All skiers and snowboarders should wear helmets. Ski facilities should require helmet use, but if they do not, parents should enforce the requirement for their children.

Equipment should fit the child. Skiers should wear safety bindings that are adjusted at least every year. Snowboarders should wear gloves with built-in wrist guards. Eye protection or goggles should also be used.

Slopes should fit the ability and experience of the skier or snowboarder. Children and adolescents should avoid crowded slopes and avoid skiing in areas with trees and other obstacles.

Snowmobiling.

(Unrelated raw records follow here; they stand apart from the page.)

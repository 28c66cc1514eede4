-- ===== src/Storage/Laws/Addresses.antt =====
-- The rows of asset_ips that SaveBatch writes of a new asset, read back by LoadAssetByMAC.
use asset_discovery.Asset.Types.{AssetSnapshot, IpEntry}
use asset_discovery.Prelude.{
  Bool, Bool-cases, Option, [], ap, false, if◌then◌else◌, inl, inr, none, not, refl, some, true, ℕ,
  ◌==◌, ◌∙◌, ◌∷◌, ◌≡◌,
}
use asset_discovery.Prelude.Map.{Map, lookup}
use asset_discovery.Prelude.Map.Laws.{Entries, IsMap}
use asset_discovery.Prelude.Text.{Text, text_eq}
use asset_discovery.Storage.{Codec, IpRow, conflict_ip}
use asset_discovery.Storage.Laws.Children.{
  Apart, IsMap-add_rows, add_rows, ip_rows, lookup-add_rows, or_else,
}
use asset_discovery.Storage.Laws.Clean.{Clean, CleanEntry, CodecLaw, read_ip-ip_row}
use asset_discovery.Storage.Laws.Reading.{
  IsMap-ip_rows, add_rows-nil, chosen, lookup-ip_rows, lookup-load_ips, map_row,
}
use asset_discovery.Storage.Load.{load_ips}
use asset_discovery.Storage.Save.{ip_row}

-- The rows of the addresses.
unfoldable pub saved_ips : Codec → AssetSnapshot → Map IpRow
saved_ips cx s =
    add_rows conflict_ip (ip_rows cx 6 s.ipv6s) (add_rows conflict_ip (ip_rows cx 4 s.ipv4s) [])

IsMap-saved_ips : (cx : Codec) (s : AssetSnapshot) → IsMap (saved_ips cx s)
unfolding saved_ips
IsMap-saved_ips cx s =
    IsMap-add_rows conflict_ip (ip_rows cx 6 s.ipv6s) _
      (IsMap-add_rows conflict_ip (ip_rows cx 4 s.ipv4s) [] tt)

lookup-saved_ips :
    (cx : Codec) (s : AssetSnapshot) (ip : Text)
    → Clean cx s
    → lookup ip (saved_ips cx s)
      ≡ or_else
          (map_row (ip_row cx 6) (lookup ip s.ipv6s))
          (map_row (ip_row cx 4) (lookup ip s.ipv4s))
unfolding saved_ips conflict_ip
lookup-saved_ips cx s ip c =
    let new : (r : IpRow) → conflict_ip none r ≡ r = λ r. refl in
    let gone : (v : ℕ) (m : Map IpEntry) (k : Text)
        → lookup k m ≡ none
        → lookup k (ip_rows cx v m) ≡ none =
      λ v m k e. lookup-ip_rows cx v m k ∙ ap (map_row (ip_row cx v)) e in
    let apart : Apart (ip_rows cx 6 s.ipv6s) (ip_rows cx 4 s.ipv4s) = λ k. elim (c.ips_apart k) [
      | inl e ↦ inr (gone 4 s.ipv4s k e)
      | inr e ↦ inl (gone 6 s.ipv6s k e)
    ] in
    rw (add_rows-nil conflict_ip new _ (IsMap-ip_rows cx 4 s.ipv4s c.ipv4s_map)) (
      lookup-add_rows conflict_ip new _ _ (IsMap-ip_rows cx 6 s.ipv6s c.ipv6s_map) apart ip
      ∙ rw (lookup-ip_rows cx 6 s.ipv6s ip, lookup-ip_rows cx 4 s.ipv4s ip) refl)

read_entry :
    (cx : Codec) (v : ℕ) (m : Map IpEntry) (ip : Text)
    → CodecLaw cx
    → Entries (λ ip e. CleanEntry e) m
    → (v6 : Bool) → (if v == 6 then v6 else not v6) ≡ true
    → chosen cx v6 (map_row (ip_row cx v) (lookup ip m)) ≡ lookup ip m
unfolding chosen lookup ip_row
read_entry cx v [] ip law c v6 e = refl
read_entry cx v ((j, x) ∷ m) ip law c v6 e = elim (Bool-cases (text_eq j ip)) [
  | inl f ↦ rw f (rw e (ap some (read_ip-ip_row cx v x law c.0)))
  | inr f ↦ rw f (read_entry cx v m ip law c.1 v6 e)
]

chosen-other :
    (cx : Codec) (v : ℕ) (v6 : Bool) (o : Option IpEntry)
    → (if v == 6 then v6 else not v6) ≡ false
    → chosen cx v6 (map_row (ip_row cx v) o) ≡ none
unfolding chosen ip_row
chosen-other cx v v6 none e = refl
chosen-other cx v v6 (some x) e = rw e refl

or_else-none {ℓ} : {A : Type ℓ} (o : Option A) → or_else o none ≡ o
or_else-none none = refl
or_else-none (some a) = refl

-- The addresses that are read are those that were saved.
pub read_ips :
    (cx : Codec) (s : AssetSnapshot) (ip : Text)
    → CodecLaw cx
    → Clean cx s
    → (lookup ip (load_ips cx false (saved_ips cx s)) ≡ lookup ip s.ipv4s)
      × (lookup ip (load_ips cx true (saved_ips cx s)) ≡ lookup ip s.ipv6s)
read_ips cx s ip law c =
    let load = λ (v6 : Bool).
      lookup-load_ips cx v6 (saved_ips cx s) ip (IsMap-saved_ips cx s)
      ∙ ap (chosen cx v6) (lookup-saved_ips cx s ip c) in
    let v4 = read_entry cx 4 s.ipv4s ip law c.ipv4s_clean false refl in
    let v6 = read_entry cx 6 s.ipv6s ip law c.ipv6s_clean true refl in
    elim (c.ips_apart ip) [
      | inl e ↦ (
        load false
            ∙ rw e (
                rw (or_else-none (map_row (ip_row cx 6) (lookup ip s.ipv6s)))
                  (chosen-other cx 6 false (lookup ip s.ipv6s) refl)),
        load true ∙ rw e (rw (or_else-none (map_row (ip_row cx 6) (lookup ip s.ipv6s))) v6),
      )
      | inr e ↦
          (load false ∙ rw e v4, load true ∙ rw e (chosen-other cx 4 true (lookup ip s.ipv4s) refl))
    ]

The AAP recommends that children younger than 16 years not operate snowmobiles and children younger than 6 years never ride on snowmobiles.

Protective measures include the following precautions:

•Do not use a snowmobile to pull a sled or skiers.

•Wear goggles and a helmet approved for use on vehicles, such as motorcycles.

•Travel at safe speeds.

•Never snowmobile alone or at night.

•Stay on marked trails, away from roads, water, railroads, and areas with pedestrians.


 

References

1.American Academy of Pediatrics. Winter Safety Tips. January 2012. www.aap.org/wintersafetytips. Accessed January 3, 2012.

2. Suresh S. Winter sports injuries: patterns of injury—preventive measures. Consultant For Pediatricians. 2006;5(3):168-175.